Collected data entries:
-- -- --

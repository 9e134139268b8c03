-- ===== src/Threads/Synch/Effects.antt =====
-- What any successful call does to the value of its semaphore and to the holders.
use pintos_project.Base.{
  ℕ, ◌-◌, ◌≡◌, refl, ap, ◌≢◌, inl, inr, Bool, true, false, not, ◌&&◌, some, List, [], ◌∷◌, ◌==◌,
  ltb, if◌then◌else◌, arith, Bool-cases, update, >>=-eq-some, >>-eq-some,
}
use pintos_project.Threads.Kernel.{
  Kernel, with_level, intr_set_level, thread_block, thread_unblock, thread_yield,
}
use pintos_project.Threads.Synch.{Sync, max_waiter, value_up, yield_to, sema_up, down_once}

-- One round of sema_down takes the semaphore only if its value is positive.
pub record HasDowned (a : ℕ) (s : Sync) (took : Bool) (s' : Sync) : Type 0 where
  pub holders : s'.holders ≡ s.holders
  pub value : (s'.semas a).value ≡ (if took then (s.semas a).value - 1 else (s.semas a).value)
  pub positive : took ≡ true → (s.semas a).value ≢ 0

pub down_once-HasDowned :
    (a : ℕ) (s s' : Sync) (took : Bool) → down_once a s ≡ some (took, s') → HasDowned a s took s'
unfolding down_once
down_once-HasDowned a s s' took e = elim (Bool-cases ((s.semas a).value == 0)) [
  | inl z ↦
      let (k, b, r) = >>=-eq-some (thread_block s.kernel) _ (rw z at e) in
      record { holders = cc r; value = ground (arith, r); positive = λ t. cc (r, t) }
  | inr p ↦
      let r = rw p at e in
      record { holders = cc r; value = ground (arith, r); positive = λ t. ground (arith, p) }
]

pub record HasUpped (a : ℕ) (s s' : Sync) : Type 0 where
  pub holders : s'.holders ≡ s.holders
  pub value : (s'.semas a).value ≡ value_up (s.semas a).value

yield_to_same :
    (p : ℕ) (s s' : Sync) → yield_to p s ≡ some s' → (s'.holders ≡ s.holders) × (s'.semas ≡ s.semas)
unfolding yield_to
yield_to_same p s s' e =
    let better = ltb (s.kernel.threads s.kernel.current).priority p && s.kernel.intr_on in
    let (k, b, r) =
      >>=-eq-some (if better then thread_yield s.kernel else some s.kernel)
        (λ k. some (record s { kernel = k })) e in
    (cc r, cc r)

value-yield_to :
    (p a v : ℕ) (l : List ℕ) (s s' : Sync) (k : Kernel)
    → yield_to p
        (record s { kernel = k; semas = update s.semas a (record { value = v; waiters = l }) })
      ≡ some s'
    → (s'.holders ≡ s.holders) × ((s'.semas a).value ≡ v)
value-yield_to p a v l s s' k e =
    let (h, m) = yield_to_same p _ s' e in (h, ground (arith, ap (λ f. (f a).value) m))

pub sema_up-HasUpped : (junk a : ℕ) (s s' : Sync) → sema_up junk a s ≡ some s' → HasUpped a s s'
unfolding sema_up
sema_up-HasUpped junk a s s' e = go (s.semas a).waiters refl
  where
    go : (l : List ℕ) → (s.semas a).waiters ≡ l → HasUpped a s s'
    go [] w =
        let (k, b, r) =
          >>=-eq-some (intr_set_level s.kernel.intr_on s.kernel) _
            (rw w at (>>-eq-some (not (a == 0)) _ e).1) in
        let (h, m) = value-yield_to junk a _ _ s s' k r in record { holders = h; value = m }
    go (t ∷ ts) w =
        let woken = max_waiter s.kernel t (t ∷ ts) in
        let (k, b, r) =
          >>=-eq-some (thread_unblock woken (with_level false s.kernel)) _
            (rw w at (>>-eq-some (not (a == 0)) _ e).1) in
        let (k', b', r') = >>=-eq-some (intr_set_level s.kernel.intr_on k) _ r in
        let (h, m) = value-yield_to (s.kernel.threads woken).priority a _ _ s s' k' r' in
        record { holders = h; value = m }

-- -- --

Task statement – Once you have counted the lines of the records that contain the word "took", give the count and nothing else.

Exercise answer – 5